-- ===== src/Exporters/Wrappers.antt =====
-- otlp_exporter.go, otlphttp_exporter.go, fluent_forward_exporter.go, elasticsearch_exporter.go and
-- aws_s3_exporter.go: the structs that are marshalled. The queue and the retries of a wrapper are
-- pointers that the mapping sets.
use telemetry_controller.Prelude.{
  String, Bool, true, false, Option, none, some, List, [], ◌∷◌, ◌++◌,
}
use telemetry_controller.Api.{
  TimeoutSettings, GrpcClientConfig, HttpClientConfig, Authentication, OtlpGrpc, OtlpHttp,
  TcpClientSettings, KubernetesMetadata, Fluentforward, Elasticsearch, ElasticsearchRetry, AwsS3,
}
use telemetry_controller.Values.{text, flag, Config}
use telemetry_controller.Values.Json.{optional, entries}
use telemetry_controller.Json.Otlp.{
  timeout_fields, grpc_client_fields, http_client_fields, authentication_value,
}
use telemetry_controller.Json.Exporters.{
  tcp_client_fields, kubernetes_metadata_value, elasticsearch_fields, elasticsearch_retry_value,
  aws_s3_fields,
}
use telemetry_controller.Exporters.Queue.{
  QueueWrapper, BackOffWrapper, override, set_default_queue_settings, set_default_back_off_config,
  empty_queue, empty_back_off, queue_value, back_off_value,
}

pub record OtlpGrpcWrapper : Type 0 where
  pub queue_config : QueueWrapper
  pub retry_config : BackOffWrapper
  pub timeout_settings : TimeoutSettings
  pub grpc_client_config : GrpcClientConfig

-- mapToOTLPGRPCWrapper, of the empty wrapper. A timeout that is not set stays nil.
unfoldable pub map_to_otlp_grpc_wrapper : OtlpGrpc → OtlpGrpcWrapper
map_to_otlp_grpc_wrapper a = record {
  queue_config = set_default_queue_settings a.queue_config empty_queue;
  retry_config = set_default_back_off_config a.retry_config empty_back_off;
  timeout_settings = let t = a.timeout_settings in record { timeout = override t.timeout none };
  grpc_client_config = a.grpc_client_config;
}

unfoldable pub otlp_grpc_wrapper_fields : OtlpGrpcWrapper → Config
otlp_grpc_wrapper_fields w =
    ("sending_queue", queue_value w.queue_config)
    ∷ ("retry_on_failure", back_off_value w.retry_config)
    ∷ (timeout_fields w.timeout_settings ++ grpc_client_fields w.grpc_client_config)

pub record OtlpHttpWrapper : Type 0 where
  pub queue_config : QueueWrapper
  pub retry_config : BackOffWrapper
  pub http_client_config : HttpClientConfig

-- mapToOTLPHTTPWrapper
unfoldable pub map_to_otlp_http_wrapper : OtlpHttp → OtlpHttpWrapper
map_to_otlp_http_wrapper a = record {
  queue_config = set_default_queue_settings a.queue_config empty_queue;
  retry_config = set_default_back_off_config a.retry_config empty_back_off;
  http_client_config = a.http_client_config;
}

unfoldable pub otlp_http_wrapper_fields : (String → String) → OtlpHttpWrapper → Config
otlp_http_wrapper_fields opaque w =
    ("sending_queue", queue_value w.queue_config)
    ∷ ("retry_on_failure", back_off_value w.retry_config)
    ∷ http_client_fields opaque w.http_client_config

pub record FluentForwardWrapper : Type 0 where
  pub tcp_client_settings : TcpClientSettings
  pub require_ack : Option Bool
  pub tag : Option String
  pub compress_gzip : Option Bool
  pub default_labels_enabled : Option (List (String × Bool))
  pub queue_config : QueueWrapper
  pub retry_config : BackOffWrapper
  pub kubernetes : Option KubernetesMetadata

kubernetes_of : Bool → Option KubernetesMetadata → Option KubernetesMetadata
kubernetes_of true k = k
kubernetes_of false k = none

-- mapToFluentForwardWrapper
unfoldable pub map_to_fluent_forward_wrapper : Fluentforward → Bool → FluentForwardWrapper
unfolding kubernetes_of
map_to_fluent_forward_wrapper a is_axoflow_distribution = record {
  tcp_client_settings = a.tcp_client_settings;
  require_ack = override a.require_ack none;
  tag = override a.tag none;
  compress_gzip = override a.compress_gzip none;
  default_labels_enabled = override a.default_labels_enabled none;
  queue_config = set_default_queue_settings a.queue_config empty_queue;
  retry_config = set_default_back_off_config a.retry_config empty_back_off;
  kubernetes = kubernetes_of is_axoflow_distribution a.kubernetes;
}

unfoldable pub fluent_forward_wrapper_fields : FluentForwardWrapper → Config
fluent_forward_wrapper_fields w =
    tcp_client_fields w.tcp_client_settings
    ++ optional flag "require_ack" w.require_ack
    ++ optional text "tag" w.tag
    ++ optional flag "compress_gzip" w.compress_gzip
    ++ optional (entries flag) "default_labels_enabled" w.default_labels_enabled
    ++ ("sending_queue", queue_value w.queue_config)
      ∷ ("retry_on_failure", back_off_value w.retry_config)
      ∷ optional kubernetes_metadata_value "kubernetes_metadata" w.kubernetes

pub record ElasticsearchWrapper : Type 0 where
  pub elasticsearch : Elasticsearch
  pub queue_config : QueueWrapper
  pub retry : ElasticsearchRetry
  pub auth : Option Authentication

-- setDefaultElasticsearchRetry
unfoldable pub set_default_elasticsearch_retry : Option ElasticsearchRetry → ElasticsearchRetry
set_default_elasticsearch_retry none = record {
  enabled = some true;
  max_retries = none;
  initial_interval = none;
  max_interval = none;
  retry_on_status = [];
}
set_default_elasticsearch_retry (some r) = record r { enabled = override r.enabled (some true) }

-- mapToElasticsearchWrapper
unfoldable pub map_to_elasticsearch_wrapper : Elasticsearch → ElasticsearchWrapper
unfolding set_default_elasticsearch_retry
map_to_elasticsearch_wrapper a = record {
  elasticsearch = a;
  queue_config = set_default_queue_settings a.queue_config empty_queue;
  retry = set_default_elasticsearch_retry a.retry;
  auth = none;
}

unfoldable pub elasticsearch_wrapper_fields : ElasticsearchWrapper → Config
elasticsearch_wrapper_fields w =
    elasticsearch_fields w.elasticsearch
    ++ ("sending_queue", queue_value w.queue_config)
      ∷ ("retry", elasticsearch_retry_value w.retry)
      ∷ optional authentication_value "auth" w.auth

pub record AwsS3Wrapper : Type 0 where
  pub aws_s3 : AwsS3
  pub queue_config : QueueWrapper
  pub retry_config : BackOffWrapper

-- mapToAWSS3Wrapper
unfoldable pub map_to_aws_s3_wrapper : AwsS3 → AwsS3Wrapper
map_to_aws_s3_wrapper a = record {
  aws_s3 = a;
  queue_config = set_default_queue_settings a.queue_config empty_queue;
  retry_config = set_default_back_off_config a.retry_config empty_back_off;
}

unfoldable pub aws_s3_wrapper_fields : AwsS3Wrapper → Config
aws_s3_wrapper_fields w =
    aws_s3_fields w.aws_s3
    ++ ("sending_queue", queue_value w.queue_config)
      ∷ ("retry_on_failure", back_off_value w.retry_config)
      ∷ []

::::

PROBLEM TO SOLVE -> Repeat exactly, please, each line from the beginning of the data through the line with "pub record OtlpHttpWrapper : Type 0 where" in it, and only those lines.

RESULT OF THE EXERCISE ->
-- ===== src/Exporters/Wrappers.antt =====
-- otlp_exporter.go, otlphttp_exporter.go, fluent_forward_exporter.go, elasticsearch_exporter.go and
-- aws_s3_exporter.go: the structs that are marshalled. The queue and the retries of a wrapper are
-- pointers that the mapping sets.
use telemetry_controller.Prelude.{
  String, Bool, true, false, Option, none, some, List, [], ◌∷◌, ◌++◌,
}
use telemetry_controller.Api.{
  TimeoutSettings, GrpcClientConfig, HttpClientConfig, Authentication, OtlpGrpc, OtlpHttp,
  TcpClientSettings, KubernetesMetadata, Fluentforward, Elasticsearch, ElasticsearchRetry, AwsS3,
}
use telemetry_controller.Values.{text, flag, Config}
use telemetry_controller.Values.Json.{optional, entries}
use telemetry_controller.Json.Otlp.{
  timeout_fields, grpc_client_fields, http_client_fields, authentication_value,
}
use telemetry_controller.Json.Exporters.{
  tcp_client_fields, kubernetes_metadata_value, elasticsearch_fields, elasticsearch_retry_value,
  aws_s3_fields,
}
use telemetry_controller.Exporters.Queue.{
  QueueWrapper, BackOffWrapper, override, set_default_queue_settings, set_default_back_off_config,
  empty_queue, empty_back_off, queue_value, back_off_value,
}

pub record OtlpGrpcWrapper : Type 0 where
  pub queue_config : QueueWrapper
  pub retry_config : BackOffWrapper
  pub timeout_settings : TimeoutSettings
  pub grpc_client_config : GrpcClientConfig

-- mapToOTLPGRPCWrapper, of the empty wrapper. A timeout that is not set stays nil.
unfoldable pub map_to_otlp_grpc_wrapper : OtlpGrpc → OtlpGrpcWrapper
map_to_otlp_grpc_wrapper a = record {
  queue_config = set_default_queue_settings a.queue_config empty_queue;
  retry_config = set_default_back_off_config a.retry_config empty_back_off;
  timeout_settings = let t = a.timeout_settings in record { timeout = override t.timeout none };
  grpc_client_config = a.grpc_client_config;
}

unfoldable pub otlp_grpc_wrapper_fields : OtlpGrpcWrapper → Config
otlp_grpc_wrapper_fields w =
    ("sending_queue", queue_value w.queue_config)
    ∷ ("retry_on_failure", back_off_value w.retry_config)
    ∷ (timeout_fields w.timeout_settings ++ grpc_client_fields w.grpc_client_config)

pub record OtlpHttpWrapper : Type 0 where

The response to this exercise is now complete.